**Task to carry out:** Which lines below fall between the one containing "on_accept-next s few = omega arith" and the one containing "handle_valid s (Event.sends"? Repeat them exactly, counting both of those lines, and add nothing else.

**Given records:**
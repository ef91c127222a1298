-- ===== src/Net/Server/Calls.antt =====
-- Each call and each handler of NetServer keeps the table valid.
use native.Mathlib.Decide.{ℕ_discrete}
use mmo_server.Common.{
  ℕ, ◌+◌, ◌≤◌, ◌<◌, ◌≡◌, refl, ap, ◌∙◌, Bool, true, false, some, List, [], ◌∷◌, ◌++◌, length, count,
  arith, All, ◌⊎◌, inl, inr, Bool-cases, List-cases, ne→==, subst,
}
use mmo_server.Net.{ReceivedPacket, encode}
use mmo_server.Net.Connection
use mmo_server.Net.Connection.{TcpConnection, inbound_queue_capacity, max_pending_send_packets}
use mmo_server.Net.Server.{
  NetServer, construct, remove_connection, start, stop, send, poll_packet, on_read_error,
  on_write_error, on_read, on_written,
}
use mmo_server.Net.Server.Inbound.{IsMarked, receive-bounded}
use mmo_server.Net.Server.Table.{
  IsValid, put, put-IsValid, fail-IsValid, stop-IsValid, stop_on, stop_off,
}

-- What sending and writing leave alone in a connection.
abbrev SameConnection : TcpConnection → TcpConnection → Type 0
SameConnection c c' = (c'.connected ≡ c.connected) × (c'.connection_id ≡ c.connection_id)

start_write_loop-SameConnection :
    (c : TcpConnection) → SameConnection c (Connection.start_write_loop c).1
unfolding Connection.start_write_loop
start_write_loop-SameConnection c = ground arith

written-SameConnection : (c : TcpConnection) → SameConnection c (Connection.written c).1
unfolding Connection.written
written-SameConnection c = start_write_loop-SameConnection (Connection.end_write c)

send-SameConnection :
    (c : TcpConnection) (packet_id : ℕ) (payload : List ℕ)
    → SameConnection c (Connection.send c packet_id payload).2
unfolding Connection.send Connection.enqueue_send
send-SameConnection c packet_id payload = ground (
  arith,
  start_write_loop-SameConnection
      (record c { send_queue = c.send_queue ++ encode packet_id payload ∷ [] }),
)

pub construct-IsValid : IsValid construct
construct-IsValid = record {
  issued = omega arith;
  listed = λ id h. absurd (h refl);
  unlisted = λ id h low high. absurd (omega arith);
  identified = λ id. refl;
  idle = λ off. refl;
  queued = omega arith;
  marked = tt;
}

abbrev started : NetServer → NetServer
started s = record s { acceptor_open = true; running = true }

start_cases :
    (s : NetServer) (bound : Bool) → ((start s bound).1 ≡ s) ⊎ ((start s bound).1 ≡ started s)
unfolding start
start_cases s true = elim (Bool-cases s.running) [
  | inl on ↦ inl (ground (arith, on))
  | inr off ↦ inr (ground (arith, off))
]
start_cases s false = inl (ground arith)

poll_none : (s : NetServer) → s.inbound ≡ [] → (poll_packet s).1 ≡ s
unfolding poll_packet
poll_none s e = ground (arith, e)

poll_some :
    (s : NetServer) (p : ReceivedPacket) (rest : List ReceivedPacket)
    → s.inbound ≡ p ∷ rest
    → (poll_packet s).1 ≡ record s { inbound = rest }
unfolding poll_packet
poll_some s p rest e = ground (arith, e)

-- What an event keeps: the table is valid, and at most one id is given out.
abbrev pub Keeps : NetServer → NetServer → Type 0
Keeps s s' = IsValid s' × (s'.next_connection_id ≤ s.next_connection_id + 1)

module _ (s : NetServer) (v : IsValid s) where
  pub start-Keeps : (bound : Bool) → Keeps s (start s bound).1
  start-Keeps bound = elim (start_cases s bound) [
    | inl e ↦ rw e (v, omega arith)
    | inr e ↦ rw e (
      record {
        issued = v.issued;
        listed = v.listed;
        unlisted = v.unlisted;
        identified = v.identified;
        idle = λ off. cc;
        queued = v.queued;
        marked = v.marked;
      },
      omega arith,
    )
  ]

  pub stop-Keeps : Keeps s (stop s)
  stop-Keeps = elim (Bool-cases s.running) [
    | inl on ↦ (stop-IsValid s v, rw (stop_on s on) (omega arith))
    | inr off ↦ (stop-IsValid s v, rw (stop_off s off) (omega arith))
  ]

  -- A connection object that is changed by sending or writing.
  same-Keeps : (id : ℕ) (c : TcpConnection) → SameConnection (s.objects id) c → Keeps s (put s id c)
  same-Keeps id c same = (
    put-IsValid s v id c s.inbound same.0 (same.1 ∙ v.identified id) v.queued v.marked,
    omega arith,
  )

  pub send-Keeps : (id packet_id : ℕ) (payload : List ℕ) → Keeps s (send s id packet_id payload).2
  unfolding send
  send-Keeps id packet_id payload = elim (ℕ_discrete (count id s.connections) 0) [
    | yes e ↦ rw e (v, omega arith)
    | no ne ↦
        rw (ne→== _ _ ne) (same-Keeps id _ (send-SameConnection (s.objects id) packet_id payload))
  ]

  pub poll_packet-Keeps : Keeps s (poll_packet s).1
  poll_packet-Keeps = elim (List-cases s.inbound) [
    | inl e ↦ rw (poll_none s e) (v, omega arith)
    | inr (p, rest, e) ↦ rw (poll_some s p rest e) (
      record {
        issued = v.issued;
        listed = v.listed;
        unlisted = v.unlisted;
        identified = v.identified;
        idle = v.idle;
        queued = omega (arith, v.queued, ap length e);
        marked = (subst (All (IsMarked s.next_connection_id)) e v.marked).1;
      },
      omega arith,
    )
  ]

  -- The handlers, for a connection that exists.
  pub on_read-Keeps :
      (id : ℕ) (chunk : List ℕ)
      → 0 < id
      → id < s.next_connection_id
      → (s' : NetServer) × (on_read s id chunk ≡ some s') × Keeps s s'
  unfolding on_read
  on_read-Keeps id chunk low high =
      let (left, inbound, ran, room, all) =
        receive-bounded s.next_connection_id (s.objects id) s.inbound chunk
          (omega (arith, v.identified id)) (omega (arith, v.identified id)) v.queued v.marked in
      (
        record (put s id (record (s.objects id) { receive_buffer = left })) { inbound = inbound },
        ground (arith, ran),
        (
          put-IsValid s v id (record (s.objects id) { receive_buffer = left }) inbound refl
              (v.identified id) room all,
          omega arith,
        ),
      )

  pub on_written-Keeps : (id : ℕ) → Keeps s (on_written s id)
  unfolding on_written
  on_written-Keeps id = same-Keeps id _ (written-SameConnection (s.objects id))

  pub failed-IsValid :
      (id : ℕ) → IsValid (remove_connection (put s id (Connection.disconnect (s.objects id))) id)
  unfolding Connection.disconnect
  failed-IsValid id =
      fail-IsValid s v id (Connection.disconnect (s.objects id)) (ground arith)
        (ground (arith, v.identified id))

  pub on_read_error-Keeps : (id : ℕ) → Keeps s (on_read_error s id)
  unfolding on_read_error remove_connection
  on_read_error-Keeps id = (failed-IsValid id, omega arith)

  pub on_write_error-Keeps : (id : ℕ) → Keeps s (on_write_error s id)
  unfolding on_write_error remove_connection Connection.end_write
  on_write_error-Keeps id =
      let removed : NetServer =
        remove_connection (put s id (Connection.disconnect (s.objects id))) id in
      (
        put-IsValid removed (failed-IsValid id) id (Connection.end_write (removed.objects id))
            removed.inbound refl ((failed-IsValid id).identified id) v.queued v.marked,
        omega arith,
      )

---

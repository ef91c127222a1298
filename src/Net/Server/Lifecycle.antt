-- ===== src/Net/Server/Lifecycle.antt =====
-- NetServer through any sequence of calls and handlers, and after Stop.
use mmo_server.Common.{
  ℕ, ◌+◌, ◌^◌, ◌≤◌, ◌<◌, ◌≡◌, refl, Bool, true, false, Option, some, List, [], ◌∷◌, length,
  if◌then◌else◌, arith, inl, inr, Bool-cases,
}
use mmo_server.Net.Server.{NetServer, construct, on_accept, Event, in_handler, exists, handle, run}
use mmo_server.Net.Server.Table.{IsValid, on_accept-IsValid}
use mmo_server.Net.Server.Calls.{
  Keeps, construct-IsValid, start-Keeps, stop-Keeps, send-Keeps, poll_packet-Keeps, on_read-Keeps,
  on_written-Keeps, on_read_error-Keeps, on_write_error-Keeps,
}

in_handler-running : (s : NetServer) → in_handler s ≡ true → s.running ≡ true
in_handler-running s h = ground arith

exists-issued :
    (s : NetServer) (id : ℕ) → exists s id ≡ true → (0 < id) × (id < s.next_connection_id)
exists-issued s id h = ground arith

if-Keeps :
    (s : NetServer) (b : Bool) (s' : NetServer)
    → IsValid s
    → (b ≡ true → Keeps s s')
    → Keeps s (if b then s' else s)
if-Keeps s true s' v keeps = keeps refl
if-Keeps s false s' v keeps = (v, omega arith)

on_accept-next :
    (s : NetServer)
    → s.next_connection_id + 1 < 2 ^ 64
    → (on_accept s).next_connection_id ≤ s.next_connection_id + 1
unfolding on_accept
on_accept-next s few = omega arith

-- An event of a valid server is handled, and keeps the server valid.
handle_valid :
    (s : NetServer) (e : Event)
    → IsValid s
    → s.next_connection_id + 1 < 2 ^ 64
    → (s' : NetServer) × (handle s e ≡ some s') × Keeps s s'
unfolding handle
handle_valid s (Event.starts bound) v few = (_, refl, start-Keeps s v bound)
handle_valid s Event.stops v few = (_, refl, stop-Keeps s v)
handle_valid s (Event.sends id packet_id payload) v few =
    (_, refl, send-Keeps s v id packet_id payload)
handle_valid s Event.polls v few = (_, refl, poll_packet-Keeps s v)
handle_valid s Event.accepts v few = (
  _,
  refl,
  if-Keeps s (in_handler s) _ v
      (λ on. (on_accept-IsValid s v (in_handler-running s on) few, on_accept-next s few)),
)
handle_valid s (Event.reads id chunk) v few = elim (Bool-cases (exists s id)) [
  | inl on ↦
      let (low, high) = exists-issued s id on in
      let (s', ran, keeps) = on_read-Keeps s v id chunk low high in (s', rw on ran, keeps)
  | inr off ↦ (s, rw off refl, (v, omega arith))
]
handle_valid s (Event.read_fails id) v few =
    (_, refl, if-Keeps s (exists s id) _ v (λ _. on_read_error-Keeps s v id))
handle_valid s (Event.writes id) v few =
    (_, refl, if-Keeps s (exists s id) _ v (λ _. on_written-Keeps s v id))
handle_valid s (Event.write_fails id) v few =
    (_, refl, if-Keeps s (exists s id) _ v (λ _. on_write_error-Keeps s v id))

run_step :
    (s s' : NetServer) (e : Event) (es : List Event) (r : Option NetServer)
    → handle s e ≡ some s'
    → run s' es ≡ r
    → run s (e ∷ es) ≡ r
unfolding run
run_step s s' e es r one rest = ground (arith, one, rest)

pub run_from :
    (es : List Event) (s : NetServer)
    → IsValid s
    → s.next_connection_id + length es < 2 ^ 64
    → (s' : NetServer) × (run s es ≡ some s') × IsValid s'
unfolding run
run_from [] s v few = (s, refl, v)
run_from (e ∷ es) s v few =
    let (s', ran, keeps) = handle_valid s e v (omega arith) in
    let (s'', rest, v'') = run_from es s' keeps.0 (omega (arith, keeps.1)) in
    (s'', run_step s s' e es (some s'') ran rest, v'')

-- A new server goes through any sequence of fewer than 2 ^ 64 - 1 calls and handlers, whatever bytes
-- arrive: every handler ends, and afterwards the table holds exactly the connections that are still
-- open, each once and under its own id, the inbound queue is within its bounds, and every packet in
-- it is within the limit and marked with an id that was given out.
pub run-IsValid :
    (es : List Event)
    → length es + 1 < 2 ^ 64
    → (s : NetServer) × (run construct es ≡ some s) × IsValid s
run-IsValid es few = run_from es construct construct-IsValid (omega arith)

==

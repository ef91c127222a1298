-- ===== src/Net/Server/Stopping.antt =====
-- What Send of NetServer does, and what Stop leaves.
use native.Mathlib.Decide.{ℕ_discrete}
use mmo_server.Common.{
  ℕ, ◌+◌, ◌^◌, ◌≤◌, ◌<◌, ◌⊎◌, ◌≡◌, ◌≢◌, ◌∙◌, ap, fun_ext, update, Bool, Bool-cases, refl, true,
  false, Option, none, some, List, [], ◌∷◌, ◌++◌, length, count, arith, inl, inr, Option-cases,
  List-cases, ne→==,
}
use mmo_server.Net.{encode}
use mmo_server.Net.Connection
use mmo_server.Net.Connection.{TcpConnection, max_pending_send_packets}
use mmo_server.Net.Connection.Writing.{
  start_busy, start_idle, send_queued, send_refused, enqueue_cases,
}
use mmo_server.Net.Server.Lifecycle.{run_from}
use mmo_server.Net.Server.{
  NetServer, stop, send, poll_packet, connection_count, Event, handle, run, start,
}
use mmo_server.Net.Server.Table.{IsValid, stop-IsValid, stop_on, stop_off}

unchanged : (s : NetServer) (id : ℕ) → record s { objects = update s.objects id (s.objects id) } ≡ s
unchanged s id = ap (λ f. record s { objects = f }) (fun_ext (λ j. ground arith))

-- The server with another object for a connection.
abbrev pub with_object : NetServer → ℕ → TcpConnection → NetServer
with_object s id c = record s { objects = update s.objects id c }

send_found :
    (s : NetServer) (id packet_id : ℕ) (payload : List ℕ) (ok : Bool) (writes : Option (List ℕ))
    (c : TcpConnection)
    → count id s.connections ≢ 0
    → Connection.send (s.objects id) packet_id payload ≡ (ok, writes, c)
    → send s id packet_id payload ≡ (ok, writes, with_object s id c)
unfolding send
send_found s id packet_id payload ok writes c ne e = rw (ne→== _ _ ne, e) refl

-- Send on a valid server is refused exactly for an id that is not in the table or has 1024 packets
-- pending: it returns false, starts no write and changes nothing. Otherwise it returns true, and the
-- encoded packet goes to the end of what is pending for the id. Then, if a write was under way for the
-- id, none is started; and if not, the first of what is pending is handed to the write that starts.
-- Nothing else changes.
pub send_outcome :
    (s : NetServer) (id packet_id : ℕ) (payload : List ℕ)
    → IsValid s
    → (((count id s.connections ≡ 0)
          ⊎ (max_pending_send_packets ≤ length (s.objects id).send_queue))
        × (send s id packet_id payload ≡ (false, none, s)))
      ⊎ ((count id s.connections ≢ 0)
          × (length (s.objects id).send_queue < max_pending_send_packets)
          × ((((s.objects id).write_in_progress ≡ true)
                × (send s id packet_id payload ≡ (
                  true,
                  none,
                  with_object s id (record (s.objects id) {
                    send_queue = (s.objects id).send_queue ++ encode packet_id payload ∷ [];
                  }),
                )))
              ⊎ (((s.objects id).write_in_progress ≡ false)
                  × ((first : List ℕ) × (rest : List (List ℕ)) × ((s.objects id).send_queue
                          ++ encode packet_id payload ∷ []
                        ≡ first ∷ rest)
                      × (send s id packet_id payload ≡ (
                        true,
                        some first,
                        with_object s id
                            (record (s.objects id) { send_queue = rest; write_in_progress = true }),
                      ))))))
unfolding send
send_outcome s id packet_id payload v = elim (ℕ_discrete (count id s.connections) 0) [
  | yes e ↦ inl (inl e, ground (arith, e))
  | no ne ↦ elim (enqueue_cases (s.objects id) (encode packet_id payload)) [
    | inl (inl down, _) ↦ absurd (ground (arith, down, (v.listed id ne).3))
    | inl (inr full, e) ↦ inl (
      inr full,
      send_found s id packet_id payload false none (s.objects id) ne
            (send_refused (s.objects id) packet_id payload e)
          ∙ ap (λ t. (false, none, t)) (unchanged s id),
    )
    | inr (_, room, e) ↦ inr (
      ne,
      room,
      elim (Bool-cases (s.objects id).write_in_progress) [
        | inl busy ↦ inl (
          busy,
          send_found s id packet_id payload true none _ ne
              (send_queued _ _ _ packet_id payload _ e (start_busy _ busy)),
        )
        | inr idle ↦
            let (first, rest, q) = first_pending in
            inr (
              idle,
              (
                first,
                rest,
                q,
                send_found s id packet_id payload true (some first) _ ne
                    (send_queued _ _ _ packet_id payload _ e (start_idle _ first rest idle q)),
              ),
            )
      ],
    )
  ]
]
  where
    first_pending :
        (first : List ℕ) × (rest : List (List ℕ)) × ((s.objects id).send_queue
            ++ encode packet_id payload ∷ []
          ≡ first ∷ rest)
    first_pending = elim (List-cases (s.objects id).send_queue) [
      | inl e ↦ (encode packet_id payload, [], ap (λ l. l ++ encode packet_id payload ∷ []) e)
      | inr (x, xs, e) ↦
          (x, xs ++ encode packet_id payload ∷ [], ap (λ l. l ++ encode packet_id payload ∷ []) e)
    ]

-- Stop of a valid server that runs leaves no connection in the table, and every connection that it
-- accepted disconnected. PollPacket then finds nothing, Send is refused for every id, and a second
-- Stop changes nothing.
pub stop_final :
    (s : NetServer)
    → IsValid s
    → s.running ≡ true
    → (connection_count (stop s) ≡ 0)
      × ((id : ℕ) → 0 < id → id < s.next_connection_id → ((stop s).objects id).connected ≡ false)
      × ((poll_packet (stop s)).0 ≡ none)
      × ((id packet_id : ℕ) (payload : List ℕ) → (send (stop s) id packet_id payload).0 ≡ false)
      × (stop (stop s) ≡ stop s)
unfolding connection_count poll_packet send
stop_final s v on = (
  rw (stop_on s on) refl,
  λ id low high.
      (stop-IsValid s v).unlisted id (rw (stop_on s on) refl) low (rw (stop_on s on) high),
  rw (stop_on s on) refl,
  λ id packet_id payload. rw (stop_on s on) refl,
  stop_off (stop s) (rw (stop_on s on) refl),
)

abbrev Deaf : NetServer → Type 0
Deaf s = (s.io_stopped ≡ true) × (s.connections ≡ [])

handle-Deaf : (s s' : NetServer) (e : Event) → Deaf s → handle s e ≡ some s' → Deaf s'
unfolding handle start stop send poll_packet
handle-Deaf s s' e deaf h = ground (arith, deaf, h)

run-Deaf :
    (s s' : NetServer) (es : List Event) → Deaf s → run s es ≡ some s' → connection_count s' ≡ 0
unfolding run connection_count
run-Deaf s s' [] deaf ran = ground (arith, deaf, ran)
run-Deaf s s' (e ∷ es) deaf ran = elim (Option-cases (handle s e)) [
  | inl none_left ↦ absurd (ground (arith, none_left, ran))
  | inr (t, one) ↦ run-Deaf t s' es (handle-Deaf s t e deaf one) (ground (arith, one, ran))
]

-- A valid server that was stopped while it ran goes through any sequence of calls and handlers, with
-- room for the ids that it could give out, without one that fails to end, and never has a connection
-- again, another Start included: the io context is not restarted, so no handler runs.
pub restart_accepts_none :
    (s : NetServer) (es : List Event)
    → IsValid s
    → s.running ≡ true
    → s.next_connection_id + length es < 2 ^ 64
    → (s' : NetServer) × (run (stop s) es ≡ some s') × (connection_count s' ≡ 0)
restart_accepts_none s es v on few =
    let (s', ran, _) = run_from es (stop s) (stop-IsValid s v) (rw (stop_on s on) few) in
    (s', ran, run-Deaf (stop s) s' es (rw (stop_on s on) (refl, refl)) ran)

**Reply to the task:**
on_accept-next s few = omega arith

-- An event of a valid server is handled, and keeps the server valid.
handle_valid :
    (s : NetServer) (e : Event)
    → IsValid s
    → s.next_connection_id + 1 < 2 ^ 64
    → (s' : NetServer) × (handle s e ≡ some s') × Keeps s s'
unfolding handle
handle_valid s (Event.starts bound) v few = (_, refl, start-Keeps s v bound)
handle_valid s Event.stops v few = (_, refl, stop-Keeps s v)
handle_valid s (Event.sends id packet_id payload) v few =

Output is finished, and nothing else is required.